CNS: tremor, parkinsonism, aggressive behavior, dizziness, drowsiness, extrapyramidal reactions, headache, increased dreams, longer sleep periods, insomnia, sedation, fatigue, nervousness, agitation, anxiety, tardive dyskinesia, hyperkinesia, akathisia, transient ischemic attack (TIA), cerebrovascular accident (CVA), neuroleptic malignant syndrome, suicide
CV: orthostatic hypotension, chest pain, tachycardia, arrhythmias
EENT: vision disturbances, rhinitis, sinusitis, pharyngitis
GI: nausea, vomiting, diarrhea, constipation, abdominal pain, dyspepsia, dry mouth, increased salivation, anorexia, dysphagia
GU: difficulty urinating, polyuria, galactorrhea, dysmenorrhea, menorrhagia, decreased libido
Hematologic: leukopenia, neutropenia, agranulocytosis
Metabolic: dyslipidemia, hyperprolactinemia, hyperglycemia, worsening of diabetes mellitus
Musculoskeletal: joint or back pain
Respiratory: cough, dyspnea, upper respiratory tract infection
Skin: pruritus, diaphoresis, rash, dry skin, seborrhea, increased pigmentation, photosensitivity
Other: toothache, fever, impaired temperature regulation, weight changes
Drug-drug. Antihistamines, opioids, sedative-hypnotics: additive CNS depression
Carbamazepine: increased metabolism and decreased efficacy of risperidone
Clozapine: decreased metabolism and increased effects of risperidone
Levodopa, other dopamine agonists: decreased antiparkinsonian effects of these drugs
Drug-diagnostic tests. Blood glucose, prolactin: increased levels
Granulocytes, leukocytes, neutrophils: decreased counts
Drug-behaviors. Alcohol use: increased CNS depression
Sun exposure: increased risk of photosensitivity
☞ Closely monitor neurologic status, especially for mood changes or suicidal ideation, neuroleptic malignant syndrome (high fever, sweating, unstable blood pressure, stupor, muscle rigidity, and autonomic dysfunction), extrapyramidal reactions, TIA, CVA, and tardive dyskinesia.

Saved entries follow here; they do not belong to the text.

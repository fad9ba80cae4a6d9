-- ===== src/Nodes/Registry/Invites.antt =====
-- An invite lets one node in.
use cloudbase.Prelude.{
  ℕ, suc, ◌≤◌, String, ◌≡◌, refl, inl, inr, Bool, Option, none, some, List, [], ◌∷◌, arith, str_eq,
  ltb, leb, Bool-cases, is_some, is_some-none, length, find, update_where, length-append,
}
use cloudbase.Prelude.Result.{ok, raise, raise_if, bind-ok, raise_if-ok}
use cloudbase.Nodes.{NodeInvite, Store, Effect}
use cloudbase.Nodes.Registry.{
  RegisterRequest, Drawn, invite_with, some_invite, use_invite, node_named, join_node, node_of,
  register_node,
}

some_invite-ok : (o : Option NodeInvite) (i : NodeInvite) → some_invite o ≡ ok i → o ≡ some i
some_invite-ok none i e = cc
some_invite-ok (some j) i e = ground arith

find-update_with :
    (p : NodeInvite → Bool) (f : NodeInvite → NodeInvite)
    → ((i : NodeInvite) → p (f i) ≡ p i)
    → (xs : List NodeInvite) (x : NodeInvite) → find p xs ≡ some x
    → find p (update_where p f xs) ≡ some (f x)
find-update_with p f keeps [] x found = absurd cc
find-update_with p f keeps (y ∷ xs) x found = elim (Bool-cases (p y)) [
  | inl e ↦ let same : y ≡ x = ground arith in rw (e, keeps y, e, same)
  | inr e ↦ rw (e, e) (find-update_with p f keeps xs x (ground arith))
]

used_invite :
    (max_nodes now : ℕ) (drawn : Drawn) (req : RegisterRequest) (s : Store) (i : NodeInvite) (t : ℕ)
    → invite_with req.invite_code s ≡ some i
    → i.used_at ≡ some t
    → register_node max_nodes now drawn req s ≡ raise 400
unfolding register_node
used_invite max_nodes now drawn req s i t found used = rw (found, used)

abbrev pub OpenInvite : ℕ → String → Store → Type 0
OpenInvite now code s =
    (i : NodeInvite) × (invite_with code s ≡ some i) × (i.used_at ≡ none) × (now ≤ i.expires_at)

-- A registration that succeeds shows an invite that was not used and has not expired, and uses it up:
-- from then on its code is refused, whatever else is sent and whatever the limit. One node is added,
-- within the limit.
pub invite_once :
    (max_nodes now : ℕ) (drawn : Drawn) (req : RegisterRequest) (s s' : Store)
    (effects : List Effect)
    → register_node max_nodes now drawn req s ≡ ok (s', effects)
    → OpenInvite now req.invite_code s
      × ((max_nodes' now' : ℕ) (drawn' : Drawn) (req' : RegisterRequest)
          → req'.invite_code ≡ req.invite_code
          → register_node max_nodes' now' drawn' req' s' ≡ raise 400)
      × (length s'.nodes ≡ suc (length s.nodes))
      × (length s'.nodes ≤ max_nodes)
unfolding register_node
invite_once max_nodes now drawn req s s' effects e =
    let code = req.invite_code in
    let (i, shown, e₁) = bind-ok (some_invite (invite_with code s)) _ e in
    let (u₁, open_still, e₂) = bind-ok (raise_if (is_some i.used_at) 400) _ e₁ in
    let (u₂, in_time, e₃) = bind-ok (raise_if (ltb i.expires_at now) 400) _ e₂ in
    let (u₃, free, e₄) = bind-ok (raise_if (is_some (node_named req.name s)) 400) _ e₃ in
    let (u₄, room, e₅) = bind-ok (raise_if (leb max_nodes (length s.nodes)) 400) _ e₄ in
    let same : join_node now drawn req i s ≡ s' = ground arith in
    let found = some_invite-ok (invite_with code s) i shown in
    let grown : length s'.nodes ≡ suc (length s.nodes) =
      rw (← same) (omega (arith, length-append s.nodes (node_of now drawn req ∷ []))) in
    let few = raise_if-ok (leb max_nodes (length s.nodes)) 400 room in
    (
      (
        i,
        found,
        is_some-none i.used_at (raise_if-ok _ 400 open_still),
        ground (arith, raise_if-ok (ltb i.expires_at now) 400 in_time),
      ),
      λ max_nodes' now' drawn' req' again.
          used_invite max_nodes' now' drawn' req' s' (use_invite now drawn.id i) now
            (rw (again, ← same)
              (find-update_with (λ j. str_eq j.code code) (use_invite now drawn.id) (λ j. refl)
                s.invites i found))
            refl,
      grown,
      ground (arith, grown, few),
    )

☞ Closely monitor CBC with differential, especially during first few months of therapy; discontinue drug if severe neutropenia occurs.
• Monitor blood pressure, particularly for orthostatic hypotension.
• Assess body temperature. Check for fever and other signs and symptoms of infection.
• Monitor patient with diabetes mellitus for worsening of glucose control. Patients with risk factors for diabetes mellitus who are starting treatment with risperidone should undergo fasting blood glucose testing at the beginning of and periodically during treatment. Monitor all patients receiving drug for signs and symptoms of hyperglycemia, including polydipsia, polyuria, polyphagia, and weakness. Also watch for other metabolic changes such as dyslipidemia or significant weight gain.
• Reassess patients periodically to determine need for maintenance treatment.
• Instruct patient to remove orally disintegrating tablet from blister pack, place on tongue immediately, and swallow as tablet dissolves.
• Tell patient to mix oral solution with water, coffee, orange juice, or low-fat milk. Tell him solution isn't compatible with cola or tea.
• Advise patient to use effective bedtime routine to avoid sleep disorders.
☞ Teach patient to recognize and immediately report signs and symptoms of serious adverse reactions, mood changes or suicidal ideation, including tardive dyskinesia, and neuroleptic malignant syndrome.
• Instruct patient to move slowly when sitting up or standing, to avoid dizziness from sudden blood pressure decrease.
• Tell patient that excessive fluid loss (as from sweating, vomiting, or diarrhea) and inadequate fluid intake increase risk of light-headedness (especially in hot weather).
• Caution patient to avoid driving and other hazardous activities until he knows how drug affects concentration and alertness.
• Advise female patient to tell prescriber if she is or plans to become pregnant. Caution her not to breastfeed during therapy.
• Advise patient not to drink alcohol.
• As appropriate, review all other significant and life-threatening adverse reactions and interactions, especially those related to the drugs and behaviors mentioned above.